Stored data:
++++

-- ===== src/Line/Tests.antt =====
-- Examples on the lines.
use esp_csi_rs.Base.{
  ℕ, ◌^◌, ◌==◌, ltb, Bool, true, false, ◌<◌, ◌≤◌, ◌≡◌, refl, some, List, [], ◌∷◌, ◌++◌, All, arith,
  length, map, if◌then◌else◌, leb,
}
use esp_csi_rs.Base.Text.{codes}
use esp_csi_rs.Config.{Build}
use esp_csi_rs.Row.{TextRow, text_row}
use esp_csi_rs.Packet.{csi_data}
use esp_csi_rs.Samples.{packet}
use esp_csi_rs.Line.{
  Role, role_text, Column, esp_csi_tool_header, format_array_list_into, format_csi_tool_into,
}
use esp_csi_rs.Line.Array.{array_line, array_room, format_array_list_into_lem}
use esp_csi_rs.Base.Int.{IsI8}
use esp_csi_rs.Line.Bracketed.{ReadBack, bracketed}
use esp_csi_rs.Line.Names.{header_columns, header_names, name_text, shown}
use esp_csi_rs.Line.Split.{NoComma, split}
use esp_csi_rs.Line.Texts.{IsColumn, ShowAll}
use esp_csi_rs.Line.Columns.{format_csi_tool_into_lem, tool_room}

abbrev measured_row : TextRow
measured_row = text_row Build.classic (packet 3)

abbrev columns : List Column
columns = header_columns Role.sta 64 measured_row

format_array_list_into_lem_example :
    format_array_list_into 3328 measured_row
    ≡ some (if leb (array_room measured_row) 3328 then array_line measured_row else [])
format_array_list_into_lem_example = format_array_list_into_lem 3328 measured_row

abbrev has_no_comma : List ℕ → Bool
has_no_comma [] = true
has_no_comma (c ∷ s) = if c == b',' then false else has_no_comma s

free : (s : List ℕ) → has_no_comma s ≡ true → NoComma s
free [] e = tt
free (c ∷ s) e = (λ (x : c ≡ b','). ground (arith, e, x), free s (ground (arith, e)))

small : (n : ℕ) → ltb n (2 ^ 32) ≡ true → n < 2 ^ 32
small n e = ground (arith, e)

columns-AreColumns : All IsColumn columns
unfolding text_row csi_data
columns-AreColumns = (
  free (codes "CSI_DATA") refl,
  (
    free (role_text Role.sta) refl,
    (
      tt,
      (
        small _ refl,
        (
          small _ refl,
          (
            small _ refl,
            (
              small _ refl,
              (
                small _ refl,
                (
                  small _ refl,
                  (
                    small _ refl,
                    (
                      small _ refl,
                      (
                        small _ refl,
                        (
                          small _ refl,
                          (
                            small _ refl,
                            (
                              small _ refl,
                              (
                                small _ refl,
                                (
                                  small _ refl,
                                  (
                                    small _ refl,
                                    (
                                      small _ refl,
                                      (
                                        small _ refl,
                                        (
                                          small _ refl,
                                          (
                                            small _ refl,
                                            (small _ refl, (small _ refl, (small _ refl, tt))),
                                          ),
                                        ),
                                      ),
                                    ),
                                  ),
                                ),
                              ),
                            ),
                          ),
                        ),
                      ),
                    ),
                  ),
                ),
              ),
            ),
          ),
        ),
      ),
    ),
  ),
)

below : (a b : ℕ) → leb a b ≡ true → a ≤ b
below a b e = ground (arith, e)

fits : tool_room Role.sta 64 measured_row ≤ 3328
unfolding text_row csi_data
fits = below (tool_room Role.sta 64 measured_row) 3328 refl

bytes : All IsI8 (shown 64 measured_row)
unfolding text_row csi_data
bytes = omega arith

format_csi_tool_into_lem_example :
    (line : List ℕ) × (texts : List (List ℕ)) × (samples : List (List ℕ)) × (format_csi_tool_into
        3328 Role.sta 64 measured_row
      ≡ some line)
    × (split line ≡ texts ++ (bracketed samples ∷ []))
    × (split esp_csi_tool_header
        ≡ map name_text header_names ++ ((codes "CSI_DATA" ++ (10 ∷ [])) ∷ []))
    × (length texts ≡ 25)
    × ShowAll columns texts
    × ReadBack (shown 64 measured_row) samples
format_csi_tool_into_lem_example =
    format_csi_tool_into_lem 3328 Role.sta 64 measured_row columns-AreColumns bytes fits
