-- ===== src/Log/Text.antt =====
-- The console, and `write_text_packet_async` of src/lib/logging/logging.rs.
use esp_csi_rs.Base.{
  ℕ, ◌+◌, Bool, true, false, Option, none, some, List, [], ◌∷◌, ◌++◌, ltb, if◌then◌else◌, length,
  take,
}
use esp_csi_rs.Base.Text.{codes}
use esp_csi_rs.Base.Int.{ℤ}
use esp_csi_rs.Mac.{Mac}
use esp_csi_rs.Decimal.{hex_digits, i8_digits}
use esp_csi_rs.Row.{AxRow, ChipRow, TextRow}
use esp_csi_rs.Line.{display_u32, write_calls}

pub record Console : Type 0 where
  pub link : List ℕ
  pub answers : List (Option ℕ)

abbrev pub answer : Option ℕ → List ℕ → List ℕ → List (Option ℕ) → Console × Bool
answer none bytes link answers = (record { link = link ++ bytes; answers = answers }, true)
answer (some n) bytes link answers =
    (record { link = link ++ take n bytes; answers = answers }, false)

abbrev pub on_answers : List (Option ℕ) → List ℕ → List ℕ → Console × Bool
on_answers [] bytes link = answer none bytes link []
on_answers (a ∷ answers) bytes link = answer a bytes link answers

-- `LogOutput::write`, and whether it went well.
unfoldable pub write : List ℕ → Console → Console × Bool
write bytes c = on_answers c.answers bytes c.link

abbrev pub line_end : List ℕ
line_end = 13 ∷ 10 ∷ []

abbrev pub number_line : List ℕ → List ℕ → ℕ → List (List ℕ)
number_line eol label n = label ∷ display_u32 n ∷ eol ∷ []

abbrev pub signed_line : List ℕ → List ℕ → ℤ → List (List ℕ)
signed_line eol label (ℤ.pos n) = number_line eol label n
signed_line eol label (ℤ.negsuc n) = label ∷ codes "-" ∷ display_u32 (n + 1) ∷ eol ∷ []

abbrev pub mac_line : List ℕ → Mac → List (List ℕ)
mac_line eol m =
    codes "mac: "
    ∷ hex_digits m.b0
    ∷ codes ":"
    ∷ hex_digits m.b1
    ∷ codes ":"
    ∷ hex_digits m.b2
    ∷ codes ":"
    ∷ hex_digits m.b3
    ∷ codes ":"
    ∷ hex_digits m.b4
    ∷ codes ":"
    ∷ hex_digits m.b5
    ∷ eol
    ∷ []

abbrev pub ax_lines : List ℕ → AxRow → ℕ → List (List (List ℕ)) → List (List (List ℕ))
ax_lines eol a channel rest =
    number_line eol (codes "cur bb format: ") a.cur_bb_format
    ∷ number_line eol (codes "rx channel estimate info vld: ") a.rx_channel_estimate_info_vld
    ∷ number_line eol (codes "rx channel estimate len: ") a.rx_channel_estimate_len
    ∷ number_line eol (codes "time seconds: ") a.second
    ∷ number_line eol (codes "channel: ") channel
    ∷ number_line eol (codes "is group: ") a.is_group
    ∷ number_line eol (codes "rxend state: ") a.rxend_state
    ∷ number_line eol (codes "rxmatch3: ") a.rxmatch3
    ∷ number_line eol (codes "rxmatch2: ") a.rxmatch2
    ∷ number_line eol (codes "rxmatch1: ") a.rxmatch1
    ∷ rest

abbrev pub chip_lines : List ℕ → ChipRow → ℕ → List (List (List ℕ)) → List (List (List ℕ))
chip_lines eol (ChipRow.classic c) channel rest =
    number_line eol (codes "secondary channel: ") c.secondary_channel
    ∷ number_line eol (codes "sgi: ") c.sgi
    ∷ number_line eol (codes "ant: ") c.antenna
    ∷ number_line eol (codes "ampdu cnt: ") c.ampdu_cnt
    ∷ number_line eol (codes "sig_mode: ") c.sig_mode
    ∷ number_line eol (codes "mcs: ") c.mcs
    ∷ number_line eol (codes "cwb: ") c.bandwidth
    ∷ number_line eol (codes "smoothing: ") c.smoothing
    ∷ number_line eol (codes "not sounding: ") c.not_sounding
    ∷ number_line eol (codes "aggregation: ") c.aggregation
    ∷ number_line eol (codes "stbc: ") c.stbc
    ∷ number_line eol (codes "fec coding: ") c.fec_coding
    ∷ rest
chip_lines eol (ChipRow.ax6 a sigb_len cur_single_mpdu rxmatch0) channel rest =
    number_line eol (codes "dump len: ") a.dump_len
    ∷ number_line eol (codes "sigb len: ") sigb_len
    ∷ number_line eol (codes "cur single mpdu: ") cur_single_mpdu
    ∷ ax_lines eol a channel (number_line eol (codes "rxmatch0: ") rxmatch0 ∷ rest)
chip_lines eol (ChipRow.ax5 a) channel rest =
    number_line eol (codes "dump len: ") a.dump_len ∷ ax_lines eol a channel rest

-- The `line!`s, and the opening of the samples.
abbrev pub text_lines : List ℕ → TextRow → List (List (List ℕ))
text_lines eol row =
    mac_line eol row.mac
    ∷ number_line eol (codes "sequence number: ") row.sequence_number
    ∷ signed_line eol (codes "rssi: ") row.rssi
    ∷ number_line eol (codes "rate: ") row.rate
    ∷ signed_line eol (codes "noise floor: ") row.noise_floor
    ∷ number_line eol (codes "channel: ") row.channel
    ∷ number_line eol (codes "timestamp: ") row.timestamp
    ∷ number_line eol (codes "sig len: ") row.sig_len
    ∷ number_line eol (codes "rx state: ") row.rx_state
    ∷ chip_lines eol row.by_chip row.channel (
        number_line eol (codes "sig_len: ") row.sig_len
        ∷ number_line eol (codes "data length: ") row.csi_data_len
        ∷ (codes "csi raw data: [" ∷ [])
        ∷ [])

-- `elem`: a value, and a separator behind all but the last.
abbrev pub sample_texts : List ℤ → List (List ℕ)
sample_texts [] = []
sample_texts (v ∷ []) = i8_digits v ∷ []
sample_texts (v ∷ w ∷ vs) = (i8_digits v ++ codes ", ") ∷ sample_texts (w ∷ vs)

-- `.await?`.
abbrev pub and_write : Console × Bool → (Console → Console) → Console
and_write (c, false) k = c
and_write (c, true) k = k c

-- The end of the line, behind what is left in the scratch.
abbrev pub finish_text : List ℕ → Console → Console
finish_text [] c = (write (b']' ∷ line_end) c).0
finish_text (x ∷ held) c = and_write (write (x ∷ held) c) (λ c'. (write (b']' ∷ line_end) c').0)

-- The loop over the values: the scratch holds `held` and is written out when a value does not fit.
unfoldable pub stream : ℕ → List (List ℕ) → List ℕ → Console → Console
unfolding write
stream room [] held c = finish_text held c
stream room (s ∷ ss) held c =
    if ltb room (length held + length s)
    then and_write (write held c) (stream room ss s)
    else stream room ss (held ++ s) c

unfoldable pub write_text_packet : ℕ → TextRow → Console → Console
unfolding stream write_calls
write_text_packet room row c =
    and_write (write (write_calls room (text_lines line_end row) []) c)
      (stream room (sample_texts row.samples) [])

++++

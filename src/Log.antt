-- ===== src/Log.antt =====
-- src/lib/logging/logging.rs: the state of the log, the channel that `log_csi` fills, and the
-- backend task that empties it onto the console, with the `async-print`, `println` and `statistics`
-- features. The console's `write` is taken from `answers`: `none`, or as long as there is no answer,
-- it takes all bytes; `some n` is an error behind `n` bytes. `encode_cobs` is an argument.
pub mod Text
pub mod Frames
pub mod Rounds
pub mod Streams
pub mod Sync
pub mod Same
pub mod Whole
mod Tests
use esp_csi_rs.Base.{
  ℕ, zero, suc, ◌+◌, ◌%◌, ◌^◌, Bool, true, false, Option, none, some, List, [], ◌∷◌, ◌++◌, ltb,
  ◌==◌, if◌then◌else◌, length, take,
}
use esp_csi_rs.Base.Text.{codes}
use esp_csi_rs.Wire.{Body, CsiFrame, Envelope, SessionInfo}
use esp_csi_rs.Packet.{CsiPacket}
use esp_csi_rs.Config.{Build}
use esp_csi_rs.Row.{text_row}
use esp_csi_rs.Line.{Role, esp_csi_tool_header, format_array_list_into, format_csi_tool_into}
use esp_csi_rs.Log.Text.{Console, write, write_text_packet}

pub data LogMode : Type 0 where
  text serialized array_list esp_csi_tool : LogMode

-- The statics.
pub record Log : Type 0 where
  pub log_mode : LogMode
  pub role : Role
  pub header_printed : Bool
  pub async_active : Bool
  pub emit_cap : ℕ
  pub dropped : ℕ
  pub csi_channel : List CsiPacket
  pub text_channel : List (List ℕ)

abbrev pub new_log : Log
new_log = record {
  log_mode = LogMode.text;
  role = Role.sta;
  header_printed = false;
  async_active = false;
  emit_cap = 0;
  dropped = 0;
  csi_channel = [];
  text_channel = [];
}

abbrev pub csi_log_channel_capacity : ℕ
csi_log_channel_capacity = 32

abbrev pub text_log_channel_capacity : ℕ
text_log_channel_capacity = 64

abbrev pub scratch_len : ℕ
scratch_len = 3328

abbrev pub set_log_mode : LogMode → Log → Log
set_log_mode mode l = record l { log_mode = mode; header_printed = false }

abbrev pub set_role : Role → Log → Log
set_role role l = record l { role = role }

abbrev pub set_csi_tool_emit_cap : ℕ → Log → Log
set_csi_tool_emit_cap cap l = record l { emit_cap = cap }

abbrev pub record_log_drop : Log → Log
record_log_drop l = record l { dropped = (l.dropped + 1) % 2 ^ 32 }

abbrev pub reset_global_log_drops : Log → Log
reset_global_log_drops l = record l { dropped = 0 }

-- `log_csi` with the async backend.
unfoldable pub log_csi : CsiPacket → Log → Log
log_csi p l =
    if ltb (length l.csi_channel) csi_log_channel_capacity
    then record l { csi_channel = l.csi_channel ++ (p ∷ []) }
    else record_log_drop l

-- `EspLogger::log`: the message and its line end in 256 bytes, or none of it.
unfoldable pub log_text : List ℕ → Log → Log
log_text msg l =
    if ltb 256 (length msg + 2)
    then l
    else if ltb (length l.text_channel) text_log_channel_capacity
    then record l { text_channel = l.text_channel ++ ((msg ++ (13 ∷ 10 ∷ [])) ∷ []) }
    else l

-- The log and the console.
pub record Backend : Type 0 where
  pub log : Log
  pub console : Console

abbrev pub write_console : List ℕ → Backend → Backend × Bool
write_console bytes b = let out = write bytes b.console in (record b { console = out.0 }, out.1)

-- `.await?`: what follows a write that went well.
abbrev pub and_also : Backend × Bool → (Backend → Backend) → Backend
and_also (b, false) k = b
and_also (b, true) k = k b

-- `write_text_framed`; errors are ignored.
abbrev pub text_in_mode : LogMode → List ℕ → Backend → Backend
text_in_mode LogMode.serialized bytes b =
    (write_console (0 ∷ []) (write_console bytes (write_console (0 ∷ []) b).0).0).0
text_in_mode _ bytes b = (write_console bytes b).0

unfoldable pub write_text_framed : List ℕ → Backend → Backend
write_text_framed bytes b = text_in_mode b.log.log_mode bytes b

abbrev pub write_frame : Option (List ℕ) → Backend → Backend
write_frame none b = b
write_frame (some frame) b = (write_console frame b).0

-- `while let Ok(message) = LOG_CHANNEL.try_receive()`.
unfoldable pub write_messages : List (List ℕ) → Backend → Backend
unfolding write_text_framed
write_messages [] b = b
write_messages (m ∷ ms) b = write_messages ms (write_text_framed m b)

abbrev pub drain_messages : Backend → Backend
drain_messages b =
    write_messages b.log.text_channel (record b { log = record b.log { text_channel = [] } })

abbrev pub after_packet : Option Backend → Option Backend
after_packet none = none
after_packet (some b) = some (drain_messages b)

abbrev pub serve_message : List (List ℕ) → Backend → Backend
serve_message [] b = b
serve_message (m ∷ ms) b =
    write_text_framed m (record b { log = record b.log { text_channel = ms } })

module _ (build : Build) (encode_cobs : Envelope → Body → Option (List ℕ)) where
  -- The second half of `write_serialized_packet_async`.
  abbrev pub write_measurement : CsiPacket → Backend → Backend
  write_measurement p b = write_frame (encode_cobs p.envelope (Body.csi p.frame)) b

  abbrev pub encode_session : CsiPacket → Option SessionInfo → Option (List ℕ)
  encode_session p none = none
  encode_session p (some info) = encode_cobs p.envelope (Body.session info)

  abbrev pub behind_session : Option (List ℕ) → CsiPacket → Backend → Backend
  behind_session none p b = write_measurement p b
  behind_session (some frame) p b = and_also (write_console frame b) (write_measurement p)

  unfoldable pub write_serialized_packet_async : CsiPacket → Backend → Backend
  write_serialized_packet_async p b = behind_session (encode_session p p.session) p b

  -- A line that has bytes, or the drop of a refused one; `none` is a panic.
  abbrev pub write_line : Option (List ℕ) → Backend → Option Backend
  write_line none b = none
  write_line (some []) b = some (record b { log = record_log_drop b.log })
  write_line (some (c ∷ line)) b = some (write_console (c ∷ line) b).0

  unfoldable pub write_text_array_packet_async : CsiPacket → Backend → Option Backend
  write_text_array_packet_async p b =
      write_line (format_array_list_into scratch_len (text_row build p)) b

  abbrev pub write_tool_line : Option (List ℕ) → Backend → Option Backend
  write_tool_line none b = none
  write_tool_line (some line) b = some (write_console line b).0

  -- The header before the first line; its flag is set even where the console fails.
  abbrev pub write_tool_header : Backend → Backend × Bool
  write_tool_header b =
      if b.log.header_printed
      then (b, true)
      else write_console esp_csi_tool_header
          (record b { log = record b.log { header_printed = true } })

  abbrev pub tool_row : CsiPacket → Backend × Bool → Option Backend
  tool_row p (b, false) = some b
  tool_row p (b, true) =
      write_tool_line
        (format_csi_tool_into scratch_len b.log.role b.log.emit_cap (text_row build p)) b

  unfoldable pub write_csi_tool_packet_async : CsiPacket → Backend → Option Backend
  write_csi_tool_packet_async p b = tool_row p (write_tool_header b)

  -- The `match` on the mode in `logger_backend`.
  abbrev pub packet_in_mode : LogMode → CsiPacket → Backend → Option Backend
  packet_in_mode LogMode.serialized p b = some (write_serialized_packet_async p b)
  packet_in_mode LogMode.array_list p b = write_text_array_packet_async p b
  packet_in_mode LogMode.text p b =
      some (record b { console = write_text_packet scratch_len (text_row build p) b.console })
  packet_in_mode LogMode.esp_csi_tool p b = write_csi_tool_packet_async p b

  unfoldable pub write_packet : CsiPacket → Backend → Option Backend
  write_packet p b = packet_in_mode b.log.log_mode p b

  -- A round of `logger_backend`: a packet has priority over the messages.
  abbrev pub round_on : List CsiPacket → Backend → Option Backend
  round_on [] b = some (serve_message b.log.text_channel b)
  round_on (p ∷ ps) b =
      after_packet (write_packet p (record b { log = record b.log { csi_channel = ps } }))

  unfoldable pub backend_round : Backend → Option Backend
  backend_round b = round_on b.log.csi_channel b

++++

#### PROBLEM TO WORK ON
Among the lines above, which hold the word "that"? Report each one.

#### OUTPUT
-- src/lib/logging/logging.rs: the state of the log, the channel that `log_csi` fills, and the
-- backend task that empties it onto the console, with the `async-print`, `println` and `statistics`
-- `.await?`: what follows a write that went well.
  -- A line that has bytes, or the drop of a refused one; `none` is a panic.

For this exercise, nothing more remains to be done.